The Photoshop Elements 11 Type Tool Options - dummies

The Photoshop Elements 11 Type Tool Options

By Barbara Obermeier, Ted Padova

Several character and paragraph type settings are located in the Photoshop Elements 11 Tool Options. These options enable you to specify the type and pair it with your images.


Here’s an explanation of each option:

  • Font Family: Select the font or typeface you want from the drop-down list. Elements provides you with a What You See Is What You Get (WYSIWYG) font menu. After the font name, the word sample is rendered in the actual font. You also find one of these abbreviations before the font name to let you know what type of font it is:

    • a: Adobe Type 1 (PostScript) fonts

    • TT: TrueType fonts

    • O: OpenType fonts

    Fonts with no abbreviation are bitmapped fonts.

  • Font Style: Some font families have additional styles, such as light or semi-bold.
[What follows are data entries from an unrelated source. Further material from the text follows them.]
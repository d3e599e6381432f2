-- ===== src/Admin/Handler/Revoked.antt =====
-- What the handlers of the administration do to an API key that is revoked.
use tempcdn.Prelude.{◌≡◌, [], ◌∷◌, inl, inr, refl, Bool-cases, Option, some, none}
use tempcdn.Text.{Text, is_empty, trim_space}
use tempcdn.Action.{Result, ok, err}
use tempcdn.Metadata.Model.{Time, ApiKey, UploadSettings}
use tempcdn.Metadata.Tables.{AdminDb}
use tempcdn.Admin.Model.{AdminError, Platform}
use tempcdn.Admin.Sessions.{Session, verify_session}
use tempcdn.Admin.Keys.{verify_api_key}
use tempcdn.Admin.Keys.Revoked.{
  IsOut, Changes-IsOut, KeysMove, create_api_key-KeysMove, revoke_key-KeysMove,
  verify_api_key-KeysMove,
}
use tempcdn.Admin.Frame.{KeepsAll, verify_session-KeepsAll}
use tempcdn.Admin.Access.{after_verify_key, after_verify_session, verify_api_key_or_admin_session}
use tempcdn.Admin.Handler.{Decoder, State, with_name, handle_create_api_key, handle_revoke_api_key}
use tempcdn.Admin.Handler.Frame.{Keeps}
use tempcdn.Upload.Validator.{Rules}
use tempcdn.Http.{Request}

-- The API keys are left alone.
abbrev pub Leaves : State → State → Type 0
Leaves = Keeps Unit ⊥ Unit Unit Unit

-- A row that is revoked stays so.
unfoldable pub StaysOut : Text → AdminDb → AdminDb → Type 0
StaysOut hash c d = IsOut hash c.tables.api_keys → IsOut hash d.tables.api_keys

pub moved : (hash : Text) (c d : AdminDb) → KeysMove c d → StaysOut hash c d
unfolding StaysOut
moved hash c d m o = Changes-IsOut hash c.tables.api_keys d.tables.api_keys m o

pub same_keys :
    (hash : Text) (c d : AdminDb) → d.tables.api_keys ≡ c.tables.api_keys → StaysOut hash c d
unfolding StaysOut
same_keys hash c d e o = rw e o

pub left : (hash : Text) (a b : State) → Leaves a b → StaysOut hash a.db b.db
left hash a b k = elim k.api_keys [ inl z ↦ absurd z | inr e ↦ same_keys hash a.db b.db e ]

pub left_all : (hash : Text) (c d : AdminDb) → KeepsAll c d → StaysOut hash c d
left_all hash c d k = same_keys hash c d k.1

module _ (p : Platform) (hash : Text) where
  by_key :
      (credential : Text) (now : Time) (a : Result AdminError Session) (c d : AdminDb)
      → StaysOut hash c d
      → StaysOut hash c (after_verify_session p credential now (a, d)).1
  unfolding StaysOut
  by_key credential now (ok s) c d h = h
  by_key credential now (err e) c d h =
      answered (verify_api_key p credential now d).0 (verify_api_key p credential now d).1 (
        moved hash d (verify_api_key p credential now d).1
          (verify_api_key-KeysMove p credential now d))
    where
      answered :
          (x : Result AdminError ApiKey) (e : AdminDb)
          → StaysOut hash d e
          → StaysOut hash c (after_verify_key p (x, e)).1
      answered (ok key) e k o = k (h o)
      answered (err x) e k o = k (h o)

  pub verify_credential-StaysOut :
      (credential : Text) (now later : Time) (c : AdminDb)
      → StaysOut hash c (verify_api_key_or_admin_session p credential now later c).1
  unfolding verify_api_key_or_admin_session
  verify_credential-StaysOut [] now later c = same_keys hash c c refl
  verify_credential-StaysOut (x ∷ xs) now later c =
      let verified : Result AdminError Session × AdminDb = verify_session p (x ∷ xs) now c in
      by_key (x ∷ xs) later verified.0 c verified.1
        (left_all hash c verified.1 (verify_session-KeepsAll p (x ∷ xs) now c))

  module _ (d : Decoder) (callback : Option (UploadSettings → Rules → Rules)) (r : Request)
      (s : State) where
    pub handle_create-StaysOut : StaysOut hash s.db (handle_create_api_key p d callback r s).1.db
    unfolding handle_create_api_key
    handle_create-StaysOut = by_body (d.create_api_key_request r.body)
      where
        by_body : (b : Option Text) → StaysOut hash s.db (with_name p d callback b r s).1.db
        by_body none = same_keys hash s.db s.db refl
        by_body (some name) = elim (Bool-cases (is_empty (trim_space name))) [
          | inl e ↦ rw e (same_keys hash s.db s.db refl)
          | inr e ↦ rw e (
              moved hash s.db _
                (create_api_key-KeysMove p name r.chance.random r.chance.new_id r.chance.now s.db))
        ]

    pub handle_revoke-StaysOut : StaysOut hash s.db (handle_revoke_api_key p d callback r s).1.db
    unfolding handle_revoke_api_key
    handle_revoke-StaysOut = moved hash s.db _ (revoke_key-KeysMove p r.url_id r.chance.now s.db)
And other styles are assigned as separate typefaces. Only the styles available for a particular font appear in the list. The font style also supports a WYSIWYG menu.

    If a font you want to use doesn’t offer bold or italic styles, you can simulate either (or both) by selecting a faux style in the Tool Options (T icons).

  • Font Size: Select your type size from the drop-down list or just type a size in the text box. Generally, text sizes are shown in points, with 72 points equaling approximately 1 inch.

    If you don’t like points, you can switch to millimeters or pixels by choosing Edit→Preferences→Units and Rulers (or Adobe Photoshop Elements Editor→Preferences→Units & Rulers on the Mac).

  • Text Color: Click the color swatch to select a color for your type from the Color Picker. You can also choose a color from the Swatches panel.

  • Leading: Leading (pronounced “ledding”) is the amount of space between the baselines of lines of type, usually measured in points. The baseline is the imaginary line on which a line of type rests. You can select a specific amount of leading or allow Elements to determine the amount automatically by choosing Auto.

    When you select Auto Leading, Elements multiplies the type size by a value of 120 percent to calculate the leading size. Therefore, Elements spaces the baselines of 10-point type 12 points apart. Elements adds that extra 20 percent so that the bottoms of the lowest letters don’t “hook” onto the tops of the tallest letters on the line below them.

    Wider line spacing can make text easier to read (as long as you don’t go overboard!) or provide an artistic effect. Tighter line spacing makes for more compact text but can decrease readability if the tightening goes too far.

  • Text Alignment: Choose an option to align horizontal text on the left, center, or right. Left-aligned text is even with the left margin and allowed to be ragged on the right side of the column. Centered text is evenly centered in its column and ragged on both right and left edges. Right-aligned text is even with the right margin and allowed to be ragged on the left side.

    If you happen to have vertical text, these options rotate 90 degrees clockwise and change into top, bottom, and center vertical settings.

  • Anti-aliasing: Select Anti-aliasing to smooth the edges of your text slightly. Anti-aliasing softens that edge by 1 pixel. For the most part, you should keep this option turned on. The only occasion when you may want it turned off is when you’re creating small type to display onscreen, such as on web pages. The soft edges can sometimes be tough to read easily.


  • Faux Bold: Use this option to create a fake bold style when a real bold style (which you’d choose under Font Style) doesn’t exist. Be aware that applying faux styles can distort the proportions of a font. You should try to use fonts with real styles, and if they don’t exist — oh, well.

  • Faux Italic: This option creates a phony oblique style and carries the same warning as the Faux Bold option.

  • Underline: This setting obviously underlines your type, like this.

  • Strikethrough: Choose this option to apply a strikethrough style to your text. In legal applications, strikethrough is widely used to show sections that have been removed, in their original context.

  • Style: Select a type layer in the Layers panel and then choose a style from the drop-down list. Choose from simple styles (such as shadows and bevels) to complex ones (such as glass and plastic effects). Note that this option is accessible after you have committed your type.

  • Change the Text Orientation: Select your type layer in the Layers panel and then click this option to switch between vertical and horizontal type orientations.

  • Create Warped Text: This option lets you warp and bend text by using 15 different types of distortion.